# The Chatty Neighbour



## VW Golf-Fan (Aug 3, 2010)

Is it just me that this bugs, when you're out detailing the car on the driveway and a neighbour will come out, cut the grass & start chatting away when they can see full well that I'm busy?

Ok, I don't mean to be rude ignoring them, but if that's what it takes to get them to eff off, then I will!

There's always one.


----------



## Kimo (Jun 7, 2013)

Nah my neighbour one side looks at me with disgust if I leave the house, the other side are nice and get me to do theirs and across the road comes over to ask for advice 

Don't mind it tbh


----------



## Darlofan (Nov 24, 2010)

I know it's shocking, imagine a neighbour trying to be neighbourly!!


----------



## Bazza85 (Mar 14, 2015)

Haha, I have this off my almost deaf 75yr old ex reverend neighbour. He just stands there awkwardly behind me & I'm too nice to ignore him or be rude. 
I tend to see him, say hi & then dart in the garage as if I'm after something for a min hoping he leaves.


----------



## chrisgreen (Mar 30, 2012)

I find chloroform helps!

Failing that - headphones, just tune the world out with Radio 4 or a good podcast.


----------



## suspal (Dec 29, 2011)

Ear defenders Mans/Detailers best friend.


----------



## MEH4N (Mar 15, 2012)

Tell them you're busy and crack on. You will be there for days otherwise.


----------



## Bigoggy (Sep 1, 2014)

Any chance you could do mine. Thats the main one i get. Headphones work the best for it when your in the mode lol.


----------



## S63 (Jan 5, 2007)

The worlds going mad, people trying to engage in friendly conversation, back in the day people just texted and face booked each other, I'd move, he'll be bringing over a cuppa tea next.


----------



## R0B (Aug 27, 2010)

I hope your car cleaning skills are better than your social skills........


----------



## Sutty 90 (Aug 24, 2014)

Lived here 6 months and my neighbours aren't that chatty either side. Just get funny looks when working on our cars lol 

Sutty.


----------



## Zetec-al (Feb 28, 2011)

I can see only one way this thread is going...


----------



## Naddy37 (Oct 27, 2005)

Both neighbours tend to have a chat when I'm out cleaning the car. One always jokes that I'm always cleaning it everyday. Immediate neighbour is a right grumpy sod. Only been moved in 5 or so months. Both sets of neighbours have given up talking to him he's so grumpy.


----------



## Jag 63 (Nov 21, 2014)

I chat with them if they come over but say I'm not being rude but will have to carry on while we talking.
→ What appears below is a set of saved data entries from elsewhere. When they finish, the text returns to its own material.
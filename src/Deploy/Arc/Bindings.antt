-- ===== src/Deploy/Arc/Bindings.antt =====
-- What the contracts of an Arc deployment answer about each other (scripts/lib/arc-deployment.mjs:
-- `bindings`). An answer is the list of the getter's outputs, and an address or a hash in it is a number.
-- `order_hash` is the library's `hashTypedData` of an empty order.
pub mod Shown
use aqua_orbital.Prelude.{
  ℕ, ◌*◌, ◌^◌, Bool, true, false, ◌&&◌, not, List, [], ◌∷◌, ◌++◌, Option, none, some, ◌==◌,
  if◌then◌else◌, Result, ok, ◌>>=◌, ◌>>◌, fail_if, or_fail,
}
use aqua_orbital.Text.{same_text}
use aqua_orbital.Indexer.Canonical.{same_option, same_flag}
use aqua_orbital.Sdk.Amount.{digits}
use aqua_orbital.Deploy.Arc.{
  Error, rpc_failed, not_a_number, noncanonical_getter, binding_mismatch, block_orphaned,
  arc_chain_id,
}
use aqua_orbital.Deploy.Arc.Status.{Latest, Network, arc_usdc, check_network}

pub data Scalar : Type 0 where
  natural : ℕ → Scalar
  flag : Bool → Scalar
  text : List ℕ → Scalar
  no_items : Scalar

-- The getters that are read, with their arguments.
pub data Getter : Type 0 where
  aqua_owner aqua_multicall : Getter
  router_aqua router_weth router_chain_id router_owner router_domain : Getter
  router_order_typehash router_hash : Getter
  router_allowed_token router_token_decimals : ℕ → Getter
  payments_usdc payments_router : Getter
  payments_allowed_token : ℕ → Getter
  demo_decimals demo_chain_id demo_name demo_symbol demo_faucet_amount demo_cooldown : Getter

-- An answer, and whether it encodes back to the same data.
pub record Answer : Type 0 where
  pub outputs : List Scalar
  pub is_canonical : Bool

-- A getter of a contract at the pinned block, and the hash of that block when it is asked for again.
pub record Contracts : Type 0 where
  pub call : ℕ → ℕ → Getter → Option Answer
  pub again : ℕ → Option (Option (Option ℕ))

pub record Token : Type 0 where
  pub address : ℕ
  pub decimals : ℕ
  pub symbol : List ℕ
  pub is_mock : Bool

pub record Addresses : Type 0 where
  pub aqua : ℕ
  pub router : ℕ
  pub payments : ℕ

-- A call of `read`, with the value that its result is compared with.
pub record Expected : Type 0 where
  pub to : ℕ
  pub getter : Getter
  pub outputs : List Scalar

abbrev pub same_scalar : Scalar → Scalar → Bool
same_scalar (natural n) (natural m) = n == m
same_scalar (flag a) (flag b) = same_flag a b
same_scalar (text s) (text t) = same_text s t
same_scalar no_items no_items = true
same_scalar _ _ = false

abbrev pub same_outputs : List Scalar → List Scalar → Bool
same_outputs [] [] = true
same_outputs (x ∷ xs) (y ∷ ys) = same_scalar x y && same_outputs xs ys
same_outputs _ _ = false

-- The calls of `read`, in order.
unfoldable pub check_reads : Contracts → ℕ → List Expected → Result Error (Unit {0})
check_reads contracts clock [] = ok tt
check_reads contracts clock (e ∷ es) = do
  found ← or_fail (contracts.call clock e.to e.getter) rpc_failed
  fail_if (not found.is_canonical) noncanonical_getter
  fail_if (not (same_outputs found.outputs e.outputs)) binding_mismatch
  check_reads contracts clock es

abbrev pub expect : ℕ → Getter → Scalar → Expected
expect to getter output = record { to = to; getter = getter; outputs = output ∷ [] }

abbrev pub orbital : List ℕ
orbital = b'O' ∷ b'r' ∷ b'b' ∷ b'i' ∷ b't' ∷ b'a' ∷ b'l' ∷ []

-- `Order(address maker,uint256 traits,bytes data)`
abbrev pub order_type : List ℕ
order_type =
    79 ∷ 114 ∷ 100 ∷ 101 ∷ 114 ∷ 40 ∷ 97 ∷ 100 ∷ 100 ∷ 114 ∷ 101 ∷ 115 ∷ 115 ∷ 32 ∷ 109 ∷ 97 ∷ 107
    ∷ 101 ∷ 114 ∷ 44 ∷ 117 ∷ 105 ∷ 110 ∷ 116 ∷ 50 ∷ 53 ∷ 54 ∷ 32 ∷ 116 ∷ 114 ∷ 97 ∷ 105 ∷ 116 ∷ 115
    ∷ 44 ∷ 98 ∷ 121 ∷ 116 ∷ 101 ∷ 115 ∷ 32 ∷ 100 ∷ 97 ∷ 116 ∷ 97 ∷ 41 ∷ []

abbrev pub demo_dollar : List ℕ
demo_dollar =
    79 ∷ 114 ∷ 98 ∷ 105 ∷ 116 ∷ 97 ∷ 108 ∷ 32 ∷ 68 ∷ 101 ∷ 109 ∷ 111 ∷ 32 ∷ 68 ∷ 111 ∷ 108 ∷ 108
    ∷ 97 ∷ 114 ∷ 32 ∷ []

-- The upstream wrapper of a deployment with its own Aqua.
abbrev pub of_aqua : Bool → ℕ → Addresses → List Expected
of_aqua false deployer a = []
of_aqua true deployer a =
    expect a.aqua aqua_owner (natural deployer)
    ∷ record { to = a.aqua; getter = aqua_multicall; outputs = [] }
    ∷ []

abbrev pub of_router : (List ℕ → ℕ) → (ℕ → ℕ → ℕ → ℕ) → ℕ → Addresses → List Expected
of_router keccak order_hash deployer a =
    expect a.router router_aqua (natural a.aqua)
    ∷ expect a.router router_weth (natural 0)
    ∷ expect a.router router_chain_id (natural arc_chain_id)
    ∷ expect a.router router_owner (natural 0)
    ∷ record {
      to = a.router;
      getter = router_domain;
      outputs =
          natural 15
          ∷ text orbital
          ∷ text (b'1' ∷ [])
          ∷ natural arc_chain_id
          ∷ natural a.router
          ∷ natural 0
          ∷ no_items
          ∷ [];
    }
    ∷ expect a.router router_order_typehash (natural (keccak order_type))
    ∷ expect a.router router_hash (natural (order_hash arc_chain_id a.router deployer))
    ∷ expect a.payments payments_usdc (natural arc_usdc)
    ∷ expect a.payments payments_router (natural a.router)
    ∷ []

abbrev pub of_mock : Token → List Expected
of_mock t =
    expect t.address demo_decimals (natural t.decimals)
    ∷ expect t.address demo_chain_id (natural arc_chain_id)
    ∷ expect t.address demo_name (text (demo_dollar ++ digits 78 t.decimals))
    ∷ expect t.address demo_symbol (text t.symbol)
    ∷ expect t.address demo_faucet_amount (natural (1000 * 10 ^ t.decimals))
    ∷ expect t.address demo_cooldown (natural 86400)
    ∷ []

abbrev pub of_token : Addresses → Token → List Expected
of_token a t =
    expect a.router (router_allowed_token t.address) (flag true)
    ∷ expect a.router (router_token_decimals t.address) (natural t.decimals)
    ∷ expect a.payments (payments_allowed_token t.address) (flag true)
    ∷ (if t.is_mock then of_mock t else [])

abbrev pub of_tokens : Addresses → List Token → List Expected
of_tokens a [] = []
of_tokens a (t ∷ ts) = of_token a t ++ of_tokens a ts

-- All that is read: a native token is not allowed.
abbrev pub expected_reads :
    (List ℕ → ℕ) → (ℕ → ℕ → ℕ → ℕ) → Bool → ℕ → Addresses → List Token → List Expected
expected_reads keccak order_hash self_deployed deployer a tokens =
    of_aqua self_deployed deployer a
    ++ (of_router keccak order_hash deployer a
        ++ (of_tokens a tokens
            ++ expect a.router (router_allowed_token 0) (flag false)
              ∷ expect a.payments (payments_allowed_token 0) (flag false)
              ∷ []))

-- `bindings`, which returns the hash of its block.
unfoldable pub bindings : Contracts → Network → ℕ → List Expected → Result Error (Option ℕ)
bindings contracts net clock reads = do
  block ← check_network net clock
  check_reads contracts clock reads
  asked ← or_fail (contracts.again clock) rpc_failed
  again ← or_fail asked not_a_number
  fail_if (not (same_option again block.hash)) block_orphaned
  ok block.hash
They stay and talk a while then carry on with whatever they were doing no problems.


----------



## Bigoggy (Sep 1, 2014)

Kimo73 said:


> Nah my neighbour one side looks at me with disgust if I leave the house, the other side are nice and get me to do theirs and across the road comes over to ask for advice
> 
> Don't mind it tbh


Same here 1 side an ahole and the other is a really funny guy that likes to take the mick and have a laugh, done his mx5 a few times.


----------



## Naddy37 (Oct 27, 2005)

VW Golf-Fan said:


> Is it just me that this bugs, when you're out detailing the car on the driveway and a neighbour will come out, cut the grass & start chatting away when they can see full well that I'm busy?
> 
> Ok, I don't mean to be rude ignoring them, but if that's what it takes to get them to eff off, then I will!
> 
> There's always one.


What if your neighbour was a 45yr old MILF?......


----------



## AndyA4TDI (May 7, 2012)

I live in a terrace of 5, do the other 4 houses cars for them, do my best socialising whilst detailing cars,

Rather have a chatty neighbour than a complete ***ser


----------



## S63 (Jan 5, 2007)

AndyA4TDI said:


> I live in a terrace of 5, do the other 4 houses cars for them, do my best socialising whilst detailing cars,
> 
> Rather have a chatty neighbour than a complete ***ser


I've got a lovely lady next door who is mad on gardening but hates washing her car...I wash the cars, she mows my lawn, perfect.


----------



## jay_bmw (Jan 28, 2010)

I do cringe a bit when the neighbours constantly make remarks like you'll polish the paint off it, but as said above, I'd rather have friendly ones than ***** who make noise & cause you problems all the time (like my neighbour 2 doors down with the Yamaha R1 who insists on revving it up at stupid hours)


----------



## jebus (Jun 2, 2009)

I live around a lot of flats, and never really get any comments, have had a few funny looks when doing stuff as its going dark or when repairing the thing but that is about it.


----------



## Pittsy (Jun 14, 2014)

As mentioned i have always got headphones in with the radio or some pod cast in...
Trouble is now they just shout to make themselves heard, it is nice though to stop for a minute or 2 to chat to them.
I never get the old "You could do mine next", all i seem to get is "Your gonna make it rain".
I live in a small village/hamlet so you kinda get to know everyone and if they did ask if i could do theirs i would probably say ok.:thumb:


----------



## Sutty 90 (Aug 24, 2014)

I take it as a compliment when they joke, or at least I think they are joking lol, about me doing theirs! I usually jokingly reply with "it will cost you, I'm not cheap!".

Sutty.


----------



## R7KY D (Feb 16, 2010)

My neighbour/s always make a comment on everything I do , And I quite enjoy stopping what I'm doing for just 10 minutes and having a chat with them , I'll even stop what i'm doing and make them a cup of tea , 10 minutes usually turns into an hour but it doesn't really matter , See these are the people that are going to keep an eye on my house for me when I'm not there :thumb:


----------



## VW Golf-Fan (Aug 3, 2010)

neilos said:


> What if your neighbour was a 45yr old MILF?......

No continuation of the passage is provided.